Saved entries
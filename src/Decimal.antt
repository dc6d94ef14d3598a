-- ===== src/Decimal.antt =====
-- `rust_decimal::Decimal`, as the program uses it: an ordered type with checked arithmetic. A value is
-- the number that it stands for, so `1.0` and `1.00` are one value, as they are for `==`.
pub mod Order
use asteria.Base.{◌≡◌, Bool, true, false, not, Option, some, Ordering, is_gt, if◌then◌else◌}

pub record Decimal (D : Type 0) : Type 0 where
  pub zero : D
  pub compare : D → D → Ordering
  pub checked_add : D → D → Option D
  pub checked_sub : D → D → Option D
  pub checked_mul : D → D → Option D
  pub checked_div : D → D → Option D

module _ {D : Type 0} ⦃decimal : Decimal D⦄ where
  -- `a <= b`, `a < b`, `a == b`
  abbrev pub leb_dec : D → D → Bool
  leb_dec a b = not (is_gt (decimal.compare a b))

  abbrev pub ltb_dec : D → D → Bool
  ltb_dec a b = not (leb_dec b a)

  abbrev pub eq_dec : D → D → Bool
  eq_dec a b = elim (decimal.compare a b) [ Ordering.eq ↦ true | _ ↦ false ]

  abbrev pub is_zero : D → Bool
  is_zero a = eq_dec a decimal.zero

  abbrev pub min_dec : D → D → D
  min_dec a b = if leb_dec a b then a else b

-- `Ordering::reverse`
abbrev pub reversed : Ordering → Ordering
reversed Ordering.lt = Ordering.gt
reversed Ordering.eq = Ordering.eq
reversed Ordering.gt = Ordering.lt

-- The documented behaviour that the proofs rest on: the order is total, `==` is equality of numbers,
-- a number minus itself is zero, and taking from a number what lies between zero and it neither
-- overflows nor leaves that range.
pub record DecimalLaws {D : Type 0} (decimal : Decimal D) : Type 0 where
  pub compare_refl : (a : D) → decimal.compare a a ≡ Ordering.eq
  pub compare_eq : (a b : D) → decimal.compare a b ≡ Ordering.eq → a ≡ b
  pub compare_swap : (a b : D) → decimal.compare b a ≡ reversed (decimal.compare a b)
  pub compare_trans :
      (a b c : D)
      → leb_dec ⦃decimal = decimal⦄ a b ≡ true
      → leb_dec ⦃decimal = decimal⦄ b c ≡ true
      → leb_dec ⦃decimal = decimal⦄ a c ≡ true
  pub sub_self : (a : D) → decimal.checked_sub a a ≡ some decimal.zero
  pub sub_bounds :
      (a b : D)
      → leb_dec ⦃decimal = decimal⦄ decimal.zero b ≡ true
      → leb_dec ⦃decimal = decimal⦄ b a ≡ true
      → (c : D) × (decimal.checked_sub a b ≡ some c)
        × (leb_dec ⦃decimal = decimal⦄ decimal.zero c ≡ true)
        × (leb_dec ⦃decimal = decimal⦄ c a ≡ true)
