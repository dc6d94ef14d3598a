-- ===== src/Decimal/Order.antt =====
-- The order of `rust_decimal::Decimal`: what its laws give for the tests of the program.
use asteria.Base.{
  ◌≡◌, ◌⊎◌, ◌≢◌, Ordering-cases, ap, inl, inr, true, false, Ordering, arith, Bool-cases,
}
use asteria.Decimal.{Decimal, DecimalLaws, leb_dec, ltb_dec, is_zero, min_dec}

module _ {D : Type 0} ⦃decimal : Decimal D⦄ (laws : DecimalLaws decimal) where
  open laws use {compare_refl, compare_eq, compare_swap, compare_trans}

  pub leb_refl : (a : D) → leb_dec a a ≡ true
  leb_refl a = ground (arith, compare_refl a)

  pub ltb→leb : (a b : D) → ltb_dec a b ≡ true → leb_dec a b ≡ true
  ltb→leb a b h = ground (arith, compare_swap a b)

  pub ltb-compare : (a b : D) → ltb_dec a b ≡ true → decimal.compare a b ≡ Ordering.lt
  ltb-compare a b h = ground (arith, compare_swap a b)

  pub ltb-leb_trans : (a b c : D) → ltb_dec a b ≡ true → leb_dec b c ≡ true → ltb_dec a c ≡ true
  ltb-leb_trans a b c h k = elim (Bool-cases (leb_dec c a)) [
    | inl e ↦ absurd (ground (arith, compare_trans b c a k e))
    | inr e ↦ rw e
  ]

  pub leb-ltb_trans : (a b c : D) → leb_dec a b ≡ true → ltb_dec b c ≡ true → ltb_dec a c ≡ true
  leb-ltb_trans a b c h k = elim (Bool-cases (leb_dec c a)) [
    | inl e ↦ absurd (ground (arith, compare_trans c a b e h))
    | inr e ↦ rw e
  ]

  pub leb_antisym : (a b : D) → leb_dec a b ≡ true → leb_dec b a ≡ true → a ≡ b
  leb_antisym a b h k = ground (arith, compare_swap a b, compare_eq a b)

  -- A number that is neither above zero nor below it is zero.
  pub not_positive :
      (a : D) → leb_dec decimal.zero a ≡ true → ltb_dec decimal.zero a ≡ false → a ≡ decimal.zero
  not_positive a h k = ground (arith, compare_swap decimal.zero a, compare_eq decimal.zero a)

  pub is_zero_eq : (a : D) → is_zero a ≡ true → a ≡ decimal.zero
  is_zero_eq a h = ground (arith, compare_eq a decimal.zero)

  pub is_zero_zero : is_zero decimal.zero ≡ true
  is_zero_zero = ground (arith, compare_refl decimal.zero)

  pub positive_of_not_zero :
      (a : D) → leb_dec decimal.zero a ≡ true → is_zero a ≡ false → ltb_dec decimal.zero a ≡ true
  positive_of_not_zero a h k =
      ground (arith, compare_swap decimal.zero a, compare_eq decimal.zero a)

  pub not_positive_zero : ltb_dec decimal.zero decimal.zero ≡ false
  not_positive_zero = ground (arith, compare_refl decimal.zero)

  -- `min` is one of the two numbers, and at most the other.
  pub min_cases :
      (a b : D)
      → ((min_dec a b ≡ a) × (leb_dec a b ≡ true)) ⊎ ((min_dec a b ≡ b) × (ltb_dec b a ≡ true))
  min_cases a b = elim (Bool-cases (leb_dec a b)) [
    | inl e ↦ inl (rw e, e)
    | inr e ↦ inr (rw e, rw e)
  ]

  pub ltb_irrefl : (a : D) → ltb_dec a a ≡ false
  ltb_irrefl a = ground (arith, compare_refl a)

  pub ltb_trans : (a b c : D) → ltb_dec a b ≡ true → ltb_dec b c ≡ true → ltb_dec a c ≡ true
  ltb_trans a b c h k = ltb-leb_trans a b c h (ltb→leb b c k)

  -- Prices are equal or not, as `compare` says.
  pub same_number : (a b : D) → (a ≡ b) ⊎ (decimal.compare a b ≢ Ordering.eq)
  same_number a b = elim (Ordering-cases (decimal.compare a b)) [
    | inl e ↦ inr (λ h. cc)
    | inr (inl e) ↦ inl (compare_eq a b e)
    | inr (inr e) ↦ inr (λ h. cc)
  ]

  pub ltb-ne : (a b : D) → ltb_dec a b ≡ true → a ≢ b
  ltb-ne a b h e = ground (arith, ltb_irrefl a, ap (λ c. ltb_dec a c) e)

  pub min-le_left : (a b : D) → leb_dec (min_dec a b) a ≡ true
  min-le_left a b = ground (arith, compare_swap a b, leb_refl a)

  pub min-le_right : (a b : D) → leb_dec (min_dec a b) b ≡ true
  min-le_right a b = ground (arith, compare_swap a b, leb_refl b)

  pub min_positive :
      (a b : D)
      → ltb_dec decimal.zero a ≡ true
      → ltb_dec decimal.zero b ≡ true
      → ltb_dec decimal.zero (min_dec a b) ≡ true
  min_positive a b h k = ground arith
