-- ===== src/Domain.antt =====
-- src/domain.rs: orders and what stands beside them in the order book. Account ids and symbols are
-- byte strings, and a `Uuid` is its 128-bit number.
use asteria.Base.{ℕ, Bool, true, false, List, Bytes}

abbrev pub AccountId : Type 0
AccountId = Bytes

abbrev pub Symbol : Type 0
Symbol = Bytes

abbrev pub Uuid : Type 0
Uuid = ℕ

pub data Side : Type 0 where
  buy sell : Side

abbrev pub opposite : Side → Side
opposite buy = sell
opposite sell = buy

abbrev pub same_side : Side → Side → Bool
same_side buy buy = true
same_side sell sell = true
same_side _ _ = false

pub data OrderKind : Type 0 where
  limit market : OrderKind

pub data TimeInForce : Type 0 where
  gtc ioc fok : TimeInForce

pub data OrderStatus : Type 0 where
  open_ partially_filled filled cancelled : OrderStatus

-- `OrderStatus::Open | OrderStatus::PartiallyFilled`
abbrev pub is_active : OrderStatus → Bool
is_active OrderStatus.open_ = true
is_active OrderStatus.partially_filled = true
is_active OrderStatus.filled = false
is_active OrderStatus.cancelled = false

pub record Order (D : Type 0) : Type 0 where
  pub id : Uuid
  pub account_id : AccountId
  pub client_order_id : Bytes
  pub symbol : Symbol
  pub side : Side
  pub kind : OrderKind
  pub quantity : D
  pub remaining : D
  pub limit_price : D
  pub leverage : ℕ
  pub time_in_force : TimeInForce
  pub reduce_only : Bool
  pub reserved_margin : D
  pub sequence : ℕ
  pub status : OrderStatus

pub record MarketConfig (D : Type 0) : Type 0 where
  pub symbol : Symbol
  pub tick_size : D
  pub quantity_step : D
  pub min_quantity : D
  pub max_leverage : ℕ
  pub maintenance_margin_ratio : D
  pub maker_fee_rate : D
  pub taker_fee_rate : D
  pub market_slippage_limit : D
  pub liquidation_penalty_rate : D

pub record PriceLevel (D : Type 0) : Type 0 where
  pub price : D
  pub quantity : D
  pub order_count : ℕ

pub record BookSnapshot (D : Type 0) : Type 0 where
  pub symbol : Symbol
  pub sequence : ℕ
  pub bids : List (PriceLevel D)
  pub asks : List (PriceLevel D)

pub record Trade (D : Type 0) : Type 0 where
  pub id : Uuid
  pub symbol : Symbol
  pub price : D
  pub quantity : D
  pub maker_order_id : Uuid
  pub taker_order_id : Uuid
  pub maker_account_id : AccountId
  pub taker_account_id : AccountId
  pub taker_side : Side
  pub maker_fee : D
  pub taker_fee : D
  pub sequence : ℕ

pub record OracleObservation (D : Type 0) : Type 0 where
  pub source : Bytes
  pub price : D
  pub weight : ℕ

pub record OracleSnapshot (D : Type 0) : Type 0 where
  pub symbol : Symbol
  pub price : D
  pub observations : List (OracleObservation D)
  pub sequence : ℕ

pub record SocializedLoss (D : Type 0) : Type 0 where
  pub account_id : AccountId
  pub amount : D

-- src/error.rs: the errors that the order book returns.
pub data ExchangeError : Type 0 where
  order_not_found : Uuid → ExchangeError
  order_ownership : Uuid → ExchangeError
  invalid_order internal : ExchangeError
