-- ===== src/Event.antt =====
-- src/event.rs: the hash-chained log of events, of which the last ones are retained. `DateTime<Utc>`
-- is a type parameter; serde_json, SHA-256 and hex are the operations of `EventCodec`.
pub mod Window
pub mod Chain
pub mod Polling
mod Tests
use asteria.Base.{
  ℕ, ◌-◌, ◌≡◌, Bool, true, false, not, List, [], ◌∷◌, ◌++◌, Option, none, some, leb, ltb, ◌||◌,
  if◌then◌else◌, length, replicate, filter, take, Bytes, bytes_eq,
}
use asteria.Domain.{AccountId, Symbol, Uuid, Order, Trade, OracleSnapshot, SocializedLoss}

abbrev pub max_retained_events : ℕ
max_retained_events = 1024

pub data EventKind (D : Type 0) : Type 0 where
  account_credited : (account_id : AccountId) (amount : D) → EventKind D
  mark_price_updated : (symbol : Symbol) (mark_price : D) → EventKind D
  order_accepted : (order : Order D) → EventKind D
  order_cancelled : (order_id : Uuid) (account_id : AccountId) (reason : Bytes) → EventKind D
  trade_executed : (trade : Trade D) → EventKind D
  funding_applied : (symbol : Symbol) (rate funding_index funding_pool : D) → EventKind D
  oracle_price_published : (snapshot : OracleSnapshot D) → EventKind D
  liquidation_executed :
      (account_id : AccountId) (symbol : Symbol)
      (closed_quantity remaining_quantity penalty bad_debt insurance_used fee_vault_used : D)
      (socialized_losses : List (SocializedLoss D))
      → EventKind D
  private_order_queued :
      (submission_id : Bytes) (account_id : AccountId) (market_id : Symbol) (batch_height : ℕ)
      (fee bond : D)
      → EventKind D
  private_order_invalid : (submission_id reason : Bytes) → EventKind D
  private_batch_cleared :
      (market_id : Symbol) (batch_height : ℕ) (clearing_price : Option D) (matched_quantity : D)
      (valid_orders invalid_orders : ℕ)
      → EventKind D
  shielded_market_configured : (market_id : Bytes) → EventKind D
  shielded_deposit_committed :
      (market_id : Bytes) (leaf_index backing_amount : ℕ) (new_root : Bytes) → EventKind D
  shielded_spend_applied :
      (market_id : Bytes) (nullifier_count output_count fee : ℕ) (new_root : Bytes) → EventKind D

pub record Event (D Time : Type 0) : Type 0 where
  pub sequence : ℕ
  pub timestamp : Time
  pub previous_hash : Bytes
  pub hash : Bytes
  pub kind : EventKind D

pub record EventLog (D Time : Type 0) : Type 0 where
  pub events : List (Event D Time)

-- `serde_json::to_vec` of the four sealed values, `Sha256::digest` and `hex::encode`.
pub record EventCodec (D Time : Type 0) : Type 0 where
  pub to_vec : ℕ → Time → Bytes → EventKind D → Bytes
  pub sha256 : Bytes → Bytes
  pub hex_encode : Bytes → Bytes

-- `"0".repeat(64)`
abbrev pub no_hash : Bytes
no_hash = replicate 64 b'0'

module _ {D Time : Type 0} where
  -- `back`
  unfoldable pub last_event : List (Event D Time) → Option (Event D Time)
  last_event [] = none
  last_event (e ∷ []) = some e
  last_event (e ∷ f ∷ events) = last_event (f ∷ events)

  abbrev pub hash_or_none : Option (Event D Time) → Bytes
  hash_or_none none = no_hash
  hash_or_none (some e) = e.hash

  -- The front goes while there are more than the log retains.
  unfoldable pub prune_events : List (Event D Time) → List (Event D Time)
  prune_events [] = []
  prune_events (e ∷ events) =
      if ltb max_retained_events (length (e ∷ events)) then prune_events events else e ∷ events

  unfoldable pub prune : EventLog D Time → EventLog D Time
  unfolding prune_events
  prune self = record { events = prune_events self.events }

  unfoldable pub after : EventLog D Time → ℕ → ℕ → List (Event D Time)
  after self sequence limit = take limit (filter (λ e. ltb sequence e.sequence) self.events)

module _ {D Time : Type 0} (codec : EventCodec D Time) where
  unfoldable pub seal : ℕ → Time → Bytes → EventKind D → Bytes
  seal sequence timestamp previous_hash kind =
      codec.hex_encode (codec.sha256 (codec.to_vec sequence timestamp previous_hash kind))

  unfoldable pub append : EventLog D Time → ℕ → Time → EventKind D → EventLog D Time × Event D Time
  unfolding last_event prune
  append self sequence timestamp kind =
      let previous_hash = hash_or_none (last_event self.events) in
      let event : Event D Time = record {
        sequence = sequence;
        timestamp = timestamp;
        previous_hash = previous_hash;
        hash = seal sequence timestamp previous_hash kind;
        kind = kind;
      } in
      (prune (record { events = self.events ++ event ∷ [] }), event)

  -- The loop of `verify`, from the previous hash and sequence on.
  unfoldable pub verify_from : Bytes → ℕ → List (Event D Time) → Bool
  verify_from previous_hash previous_sequence [] = true
  verify_from previous_hash previous_sequence (event ∷ events) =
      let rest = verify_from event.hash event.sequence events in
      if not (bytes_eq event.previous_hash previous_hash) || leb event.sequence previous_sequence
      then false
      else if not
          (bytes_eq event.hash (seal event.sequence event.timestamp event.previous_hash event.kind))
      then false
      else rest

  -- The window is anchored by the previous hash of its first event.
  abbrev pub verify_events : List (Event D Time) → Bool
  verify_events [] = true
  verify_events (first ∷ events) =
      verify_from first.previous_hash (first.sequence - 1) (first ∷ events)

  unfoldable pub verify : EventLog D Time → Bool
  unfolding verify_from
  verify self = verify_events self.events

▶ TASK TO CARRY OUT: Above are the records; copy exactly the lines from the line with "min_positive a b h k = ground arith" through the line with "pub data OrderStatus : Type 0 where", both included.

▶ RESPONSE BOX:
  min_positive a b h k = ground arith
-- ===== src/Domain.antt =====
-- src/domain.rs: orders and what stands beside them in the order book. Account ids and symbols are
-- byte strings, and a `Uuid` is its 128-bit number.
use asteria.Base.{ℕ, Bool, true, false, List, Bytes}

abbrev pub AccountId : Type 0
AccountId = Bytes

abbrev pub Symbol : Type 0
Symbol = Bytes

abbrev pub Uuid : Type 0
Uuid = ℕ

pub data Side : Type 0 where
  buy sell : Side

abbrev pub opposite : Side → Side
opposite buy = sell
opposite sell = buy

abbrev pub same_side : Side → Side → Bool
same_side buy buy = true
same_side sell sell = true
same_side _ _ = false

pub data OrderKind : Type 0 where
  limit market : OrderKind

pub data TimeInForce : Type 0 where
  gtc ioc fok : TimeInForce

pub data OrderStatus : Type 0 where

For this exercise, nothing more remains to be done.